* **WORK TO BE COMPLETED**
Return the records exactly, please. Every line should match.

* **SOURCE RECORDS**
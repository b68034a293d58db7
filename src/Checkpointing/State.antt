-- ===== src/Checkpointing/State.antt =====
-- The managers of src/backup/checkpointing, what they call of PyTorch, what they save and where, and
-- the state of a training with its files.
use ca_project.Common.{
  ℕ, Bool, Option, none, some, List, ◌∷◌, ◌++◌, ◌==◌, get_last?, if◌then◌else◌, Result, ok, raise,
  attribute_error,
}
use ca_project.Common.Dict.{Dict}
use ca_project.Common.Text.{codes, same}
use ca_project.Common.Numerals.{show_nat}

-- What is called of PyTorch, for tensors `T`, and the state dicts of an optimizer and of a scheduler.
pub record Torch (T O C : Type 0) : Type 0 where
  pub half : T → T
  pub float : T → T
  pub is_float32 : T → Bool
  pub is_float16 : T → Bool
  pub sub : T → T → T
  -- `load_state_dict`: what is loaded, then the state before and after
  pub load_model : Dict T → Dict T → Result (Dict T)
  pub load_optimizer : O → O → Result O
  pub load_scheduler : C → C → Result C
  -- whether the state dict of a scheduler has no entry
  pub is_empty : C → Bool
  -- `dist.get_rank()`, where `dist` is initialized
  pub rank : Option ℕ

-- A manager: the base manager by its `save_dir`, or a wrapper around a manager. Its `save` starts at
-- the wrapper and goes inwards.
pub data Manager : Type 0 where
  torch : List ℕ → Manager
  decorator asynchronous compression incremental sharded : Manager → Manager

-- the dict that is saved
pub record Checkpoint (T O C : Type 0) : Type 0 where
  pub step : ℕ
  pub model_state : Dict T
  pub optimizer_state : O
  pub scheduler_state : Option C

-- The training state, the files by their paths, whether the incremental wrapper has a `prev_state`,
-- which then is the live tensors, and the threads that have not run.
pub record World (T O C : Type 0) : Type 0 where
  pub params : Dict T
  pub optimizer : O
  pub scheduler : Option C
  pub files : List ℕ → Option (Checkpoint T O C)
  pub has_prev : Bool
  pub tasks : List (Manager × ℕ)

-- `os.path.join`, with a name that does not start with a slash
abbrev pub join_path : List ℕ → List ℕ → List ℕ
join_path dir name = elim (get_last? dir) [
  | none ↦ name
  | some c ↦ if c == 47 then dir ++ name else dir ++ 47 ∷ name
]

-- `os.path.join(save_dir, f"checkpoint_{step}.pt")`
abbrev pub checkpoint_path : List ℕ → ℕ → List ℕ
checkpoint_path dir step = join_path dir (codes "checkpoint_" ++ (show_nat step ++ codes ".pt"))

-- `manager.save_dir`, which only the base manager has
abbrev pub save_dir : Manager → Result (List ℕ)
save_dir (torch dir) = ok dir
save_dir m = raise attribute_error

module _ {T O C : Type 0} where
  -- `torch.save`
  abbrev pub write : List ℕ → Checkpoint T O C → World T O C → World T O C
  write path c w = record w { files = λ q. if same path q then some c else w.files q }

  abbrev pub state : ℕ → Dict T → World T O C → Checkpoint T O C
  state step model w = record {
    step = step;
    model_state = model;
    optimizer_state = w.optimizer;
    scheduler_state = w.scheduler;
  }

* **ANSWER SPACE**
repository b68034a293d58db7
filename src/Checkpointing/State.antt
-- ===== src/Checkpointing/State.antt =====
-- The managers of src/backup/checkpointing, what they call of PyTorch, what they save and where, and
-- the state of a training with its files.
use ca_project.Common.{
  ℕ, Bool, Option, none, some, List, ◌∷◌, ◌++◌, ◌==◌, get_last?, if◌then◌else◌, Result, ok, raise,
  attribute_error,
}
use ca_project.Common.Dict.{Dict}
use ca_project.Common.Text.{codes, same}
use ca_project.Common.Numerals.{show_nat}

-- What is called of PyTorch, for tensors `T`, and the state dicts of an optimizer and of a scheduler.
pub record Torch (T O C : Type 0) : Type 0 where
  pub half : T → T
  pub float : T → T
  pub is_float32 : T → Bool
  pub is_float16 : T → Bool
  pub sub : T → T → T
  -- `load_state_dict`: what is loaded, then the state before and after
  pub load_model : Dict T → Dict T → Result (Dict T)
  pub load_optimizer : O → O → Result O
  pub load_scheduler : C → C → Result C
  -- whether the state dict of a scheduler has no entry
  pub is_empty : C → Bool
  -- `dist.get_rank()`, where `dist` is initialized
  pub rank : Option ℕ

-- A manager: the base manager by its `save_dir`, or a wrapper around a manager. Its `save` starts at
-- the wrapper and goes inwards.
pub data Manager : Type 0 where
  torch : List ℕ → Manager
  decorator asynchronous compression incremental sharded : Manager → Manager

-- the dict that is saved
pub record Checkpoint (T O C : Type 0) : Type 0 where
  pub step : ℕ
  pub model_state : Dict T
  pub optimizer_state : O
  pub scheduler_state : Option C

-- The training state, the files by their paths, whether the incremental wrapper has a `prev_state`,
-- which then is the live tensors, and the threads that have not run.
pub record World (T O C : Type 0) : Type 0 where
  pub params : Dict T
  pub optimizer : O
  pub scheduler : Option C
  pub files : List ℕ → Option (Checkpoint T O C)
  pub has_prev : Bool
  pub tasks : List (Manager × ℕ)

-- `os.path.join`, with a name that does not start with a slash
abbrev pub join_path : List ℕ → List ℕ → List ℕ
join_path dir name = elim (get_last? dir) [
  | none ↦ name
  | some c ↦ if c == 47 then dir ++ name else dir ++ 47 ∷ name
]

-- `os.path.join(save_dir, f"checkpoint_{step}.pt")`
abbrev pub checkpoint_path : List ℕ → ℕ → List ℕ
checkpoint_path dir step = join_path dir (codes "checkpoint_" ++ (show_nat step ++ codes ".pt"))

-- `manager.save_dir`, which only the base manager has
abbrev pub save_dir : Manager → Result (List ℕ)
save_dir (torch dir) = ok dir
save_dir m = raise attribute_error

module _ {T O C : Type 0} where
  -- `torch.save`
  abbrev pub write : List ℕ → Checkpoint T O C → World T O C → World T O C
  write path c w = record w { files = λ q. if same path q then some c else w.files q }

  abbrev pub state : ℕ → Dict T → World T O C → Checkpoint T O C
  state step model w = record {
    step = step;
    model_state = model;
    optimizer_state = w.optimizer;
    scheduler_state = w.scheduler;
  }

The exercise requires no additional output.